Doctoral Dissertation, University of Pittsburgh.
(Unpublished)
Abstract
Rule-based modeling is a graph-based approach to specifying the kinetics of cell signaling
systems. A reaction rule is a compact and explicit graph-based representation of a kinetic process,
and it matches a class of reactions that involve identical sites and identical kinetics. Compact rule-
based models have been used to generate large and combinatorially complex reaction networks,
and rules have also been used to compile databases of kinetic interactions targeting specific cells
and pathways.

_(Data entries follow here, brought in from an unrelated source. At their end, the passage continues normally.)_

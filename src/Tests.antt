-- ===== src/Tests.antt =====
-- Concrete runs, and the theorems at them.
mod Auth
mod Codec
mod Wal
mod Engine
mod Durability
mod RateLimit
mod Query
mod Scan
mod Reads
mod Validation
mod Clock
mod Storage
mod Cipher
mod Writer
mod Sweep
mod Snapshot
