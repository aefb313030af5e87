-- ===== src/Tests/Codec.antt =====
-- The codec on a small document, as the engine stores it.
use molten_db.Prelude.{
  ◌≡◌, refl, Option, some, [], ◌∷◌, ◌++◌, ◌^◌, ◌-◌, Bytes, arith, str_beq, str_ltb, length-append,
  codes, length, get_or, ◌>>=◌,
}
use molten_db.Json.{pos_int, neg_int, number, string, array, object, nil, cons, end, field, Value}
use molten_db.Json.Object
use molten_db.Codec.BigEndian.{write_be}
use molten_db.Codec.Canon.{IsText, IsEncodable, canon_key}
use molten_db.Codec.Read.{msgpack_to_value, read_value}
use molten_db.Codec.RoundTrip.{read_value-write_value}
use molten_db.Codec.Stored.{IsStored, decode-encode}
use molten_db.Codec.SystemFields
use molten_db.Codec.Token.{read_msgpack_seq_token, read_msgpack_system_field_u64, system_token}
use molten_db.Codec.Token.Laws.{
  Skips, read_msgpack_seq_token-lookup, read_msgpack_system_field_u64-lookup,
}
use molten_db.Codec.Utf8.{is_utf8}
use molten_db.Codec.Write.{
  write_value, write_number, write_str, write_map_key, write_map_header, write_array_header,
  value_to_msgpack,
}

-- {"-1": 300, "-3": 7, "n": [-41, "x"]}
abbrev pub doc : Value
doc = object (
    field (codes "-1") (number (pos_int 300)) (
      field (codes "-3") (number (pos_int 7)) (
        field (codes "n") (array (cons (number (neg_int 40)) (cons (string (codes "x")) nil)))
          end)))

doc_bytes :
    value_to_msgpack doc
    ≡ 0x83 ∷ 0xff ∷ 0xcd ∷ 1 ∷ 44 ∷ 0xfd ∷ 7 ∷ 0xa1 ∷ 110 ∷ 0x92 ∷ 0xd0 ∷ 215 ∷ 0xa1 ∷ 120 ∷ []
unfolding value_to_msgpack write_value write_number write_str write_map_key write_map_header
    write_array_header write_be Object.len Object.count str_beq
doc_bytes = refl

n_IsText : IsText (codes "n")
unfolding is_utf8
n_IsText = record { short = omega arith; utf8 = refl }

x_IsText : IsText (codes "x")
unfolding is_utf8
x_IsText = record { short = omega arith; utf8 = refl }

version_IsText : IsText (codes "-1")
unfolding is_utf8
version_IsText = record { short = omega arith; utf8 = refl }

seq_IsText : IsText (codes "-3")
unfolding is_utf8
seq_IsText = record { short = omega arith; utf8 = refl }

pub doc-IsEncodable : IsEncodable doc
unfolding Object.len Object.count
doc-IsEncodable = (
  omega arith,
  (
    version_IsText,
    omega arith,
    (seq_IsText, omega arith, (n_IsText, (omega arith, (omega arith, (x_IsText, tt))), tt)),
  ),
)

pub doc-IsStored : IsStored doc
unfolding canon_key str_beq str_ltb
doc-IsStored =
    (refl, tt, (refl, (refl, tt)), (refl, tt, (refl, tt), (refl, (tt, (tt, tt)), tt, tt)))

-- A skipper of values, as `rmp_serde` has one.
abbrev pub skip_one : Bytes → Option Bytes
skip_one bs = do (_, rest) ← read_value (length bs) bs; some rest

pub skip_one-Skips : Skips skip_one
skip_one-Skips v rest e = rw (
    read_value-write_value v (length (write_value v ++ rest)) rest e
      (omega (arith, length-append (write_value v) rest)))

decode-encode_example : msgpack_to_value (value_to_msgpack doc) ≡ some doc
decode-encode_example = decode-encode doc doc-IsEncodable doc-IsStored

read_msgpack_seq_token-lookup_example :
    read_msgpack_seq_token skip_one (value_to_msgpack doc)
    ≡ get_or (Object.lookup doc SystemFields.ikey_seq >>= Object.as_u64) (2 ^ 64 - 1)
read_msgpack_seq_token-lookup_example =
    read_msgpack_seq_token-lookup skip_one skip_one-Skips doc doc-IsEncodable doc-IsStored

version_token : system_token (codes "_v") ≡ some 0xff
unfolding system_token str_beq
version_token = refl

read_msgpack_system_field_u64-lookup_example :
    read_msgpack_system_field_u64 skip_one (value_to_msgpack doc) (codes "_v")
    ≡ (Object.lookup doc (canon_key (codes "_v")) >>= Object.as_u64)
read_msgpack_system_field_u64-lookup_example =
    read_msgpack_system_field_u64-lookup skip_one skip_one-Skips doc doc-IsEncodable doc-IsStored
      (codes "_v") 0xff version_token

In this work, I address three technological challenges associated with rule-based
modeling. First, I address the ability to generate an automated global visualization of a rule-based
model as a network of signal flows. I showed how to analyze a reaction rule and extract a set of
bipartite regulatory relationships, which can be aggregated across rules into a global network. I
also provide a set of coarse-graining approaches to compress an automatically generated network
into a compact pathway diagram, even for models with 100s of rules. Second, I resolved an
incompatibility between two recent advances in rule-based modeling: network-free simulation
(which enables simulation without generating a reaction network), and energy-based rule-based
modeling (which enables specifying a model using cooperativity parameters and automated
accounting of free energy). The incompatibility arose because calculating the reaction rate requires
computing the reaction free energy in an energy-based model, and this requires knowledge of both
reactants and products of the reaction, but the products are not available in a network-free
simulation until after the reaction event has fired. This was resolved by expanding each energy-
based rule into a number of normal reaction rules for which reaction free energies can be calculated
unambiguously. Third, I demonstrated a particular type of modularization that is based on treating
a set of rules as a module. This enables building models from combinations of modular hypotheses
and supplements the other modularization strategies such as macros, types and energy-based
compression.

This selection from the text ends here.